Я как-то читала статью о бактериях в общественных туалетах. Меньше всего бактерий обнаружили именно в первых кабинках туалетов. Люди избегают первые кабинки, так как считают, что их чаще всего используют. Но не я. Я захожу исключительно в первую. Раньше я не страдала гермофобией, но из-за длительного пребывания в больнице, когда мне было шестнадцать, у меня появилась одержимость чистотой.

Потом, я трачу почти целую минуту на мытье рук. Я смотрю на руки и отказываюсь смотреть в зеркало. С каждым днем избегать своего отражения становится проще, но я, все же, мельком замечаю себя, когда поворачиваюсь за бумажным полотенцем. Сколько бы раз я не разглядывала себя в зеркале, я все еще не могу привыкнуть к тому, что вижу.

Я поднимаю левую руку и дотрагиваюсь до шрамов, которые тянутся по всей левой стороне моего лица, горла и шеи. Они скрываются за воротом рубашки, но под одеждой шрамы простираются вниз по всей левой стороне туловища до самой талии. Скольжу пальцами по сморщенным участкам кожи. Шрамы не дают забыть, что огонь был настоящим, а не привиделся мне в кошмарном сне, от которого можно проснуться, ущипнув себя за руку.

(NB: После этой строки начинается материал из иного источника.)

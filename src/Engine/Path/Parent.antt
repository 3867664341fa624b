-- ===== src/Engine/Path/Parent.antt =====
-- ParentPath at the addresses that the other functions of engine/path.go build.
use awf.Prelude.{
  ℕ, zero, suc, ◌+◌, ◌<◌, ◌≡◌, refl, ap, Bytes, codes, [], ◌∷◌, ◌++◌, String, true, false, none,
  some, length, ◌==◌, arith, All, take-length_append, length-append, Bool-cases, inl, inr,
  All-append,
}
use awf.Prelude.Decimal.{itoa, itoa-is_digit, is_digit}
use awf.Engine.Path.{
  iter_path, attempt_path, item_path, round_path, model_path, tool_path, parent_path, parent_loop,
  is_dot_at,
}

abbrev pub IsPlain : ℕ → Type 0
IsPlain c = (c == b'.') ≡ false

-- No dot stands in the segment.
abbrev pub IsSegment : Bytes → Type 0
IsSegment = All IsPlain

is_dot_at-segment : (i : ℕ) (seg : Bytes) → IsSegment seg → is_dot_at i seg ≡ false
unfolding is_dot_at
is_dot_at-segment i [] h = refl
is_dot_at-segment zero (c ∷ cs) h = h.0
is_dot_at-segment (suc i) (c ∷ cs) h = is_dot_at-segment i cs h.1

-- Behind the dot no position is a dot, and at the dot there is one.
is_dot_at-behind :
    (i : ℕ) (p seg : Bytes) → IsSegment seg → length p < i → is_dot_at i (p ++ b'.' ∷ seg) ≡ false
unfolding is_dot_at
is_dot_at-behind zero p seg h lt = absurd (omega arith)
is_dot_at-behind (suc i) [] seg h lt = is_dot_at-segment i seg h
is_dot_at-behind (suc i) (x ∷ p) seg h lt = is_dot_at-behind i p seg h (omega arith)

is_dot_at-here : (p seg : Bytes) → is_dot_at (length p) (p ++ b'.' ∷ seg) ≡ true
unfolding is_dot_at
is_dot_at-here [] seg = refl
is_dot_at-here (x ∷ p) seg = is_dot_at-here p seg

parent_loop-dot :
    (k : ℕ) (p seg : Bytes)
    → IsSegment seg
    → length p < k
    → parent_loop k (p ++ b'.' ∷ seg) ≡ some p
unfolding parent_loop
parent_loop-dot zero p seg h lt = absurd (omega arith)
parent_loop-dot (suc i) p seg h lt = elim (Bool-cases (i == length p)) [
  | inl here ↦
      let e : i ≡ length p = ground arith in
      rw (e, is_dot_at-here p seg) (ap some (take-length_append p (b'.' ∷ seg)))
  | inr behind ↦
      let lt' : length p < i = ground arith in
      rw (is_dot_at-behind i p seg h lt') (parent_loop-dot i p seg h lt')
]

length-append_bytes : (xs ys : Bytes) → length (xs ++ ys) ≡ length xs + length ys
length-append_bytes = length-append

-- The parent of an address with one more segment is that address.
pub parent_path-segment : (p seg : Bytes) → IsSegment seg → parent_path (p ++ b'.' ∷ seg) ≡ some p
unfolding parent_path
parent_path-segment p seg h =
    parent_loop-dot (length (p ++ b'.' ∷ seg)) p seg h
      (omega (arith, length-append_bytes p (b'.' ∷ seg)))

digits-IsSegment : (cs : Bytes) → All (λ c. is_digit c ≡ true) cs → IsSegment cs
digits-IsSegment [] h = tt
digits-IsSegment (c ∷ cs) h = (ground arith, digits-IsSegment cs h.1)

pub itoa-IsSegment : (n : ℕ) → IsSegment (itoa n)
itoa-IsSegment n = digits-IsSegment (itoa n) (itoa-is_digit n)

pub indexed : (name : String) (n : ℕ) → IsSegment (codes name) → IsSegment (codes name ++ itoa n)
indexed name n h = All-append IsPlain (codes name) (itoa n) h (itoa-IsSegment n)

-- ParentPath takes back what IterPath, AttemptPath, ItemPath, RoundPath, ModelPath and ToolPath
-- appended to any path.
pub parent_path_inverse :
    (p : Bytes) (n : ℕ)
    → (parent_path (iter_path p n) ≡ some p)
      × (parent_path (attempt_path p n) ≡ some p)
      × (parent_path (item_path p n) ≡ some p)
      × (parent_path (round_path p n) ≡ some p)
      × (parent_path (model_path p) ≡ some p)
      × (parent_path (tool_path p n) ≡ some p)
unfolding iter_path attempt_path item_path round_path model_path tool_path
parent_path_inverse p n = (
  parent_path-segment p (codes "iter-" ++ itoa n) (indexed "iter-" n (ground arith)),
  parent_path-segment p (codes "attempt-" ++ itoa n) (indexed "attempt-" n (ground arith)),
  parent_path-segment p (codes "item-" ++ itoa n) (indexed "item-" n (ground arith)),
  parent_path-segment p (codes "round-" ++ itoa n) (indexed "round-" n (ground arith)),
  parent_path-segment p (codes "model") (ground arith),
  parent_path-segment p (codes "tool-" ++ itoa n) (indexed "tool-" n (ground arith)),
)

parent_loop-none : (k : ℕ) (p : Bytes) → IsSegment p → parent_loop k p ≡ none
unfolding parent_loop
parent_loop-none zero p h = refl
parent_loop-none (suc i) p h = rw (is_dot_at-segment i p h) (parent_loop-none i p h)

-- A top-level node, whose address is one segment, has no parent.
pub parent_path-top : (p : Bytes) → IsSegment p → parent_path p ≡ none
unfolding parent_path
parent_path-top p h = parent_loop-none (length p) p h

Несколько месяцев после пожара я не могла прикасаться к большей части своего тела, так как была в повязках. Теперь, когда ожоги зажили, оставив после себя шрамы, я постоянно трогаю их, сама того не замечая. Шрамы на ощупь как растянутый бархат, и все было бы хорошо, если бы внешне они выглядели так же, как ощущаются. Но между тем, мне на самом деле нравится, какие они на ощупь. Я рассеянно вожу пальцами вверх и вниз по своей шее или руке, читая шрифт Брайля на коже, пока не осознаю, что делаю и не останавливаю себя. Мне не должно нравиться то, что разрушило мою жизнь, даже если это всего лишь ощущение кожи под пальцами.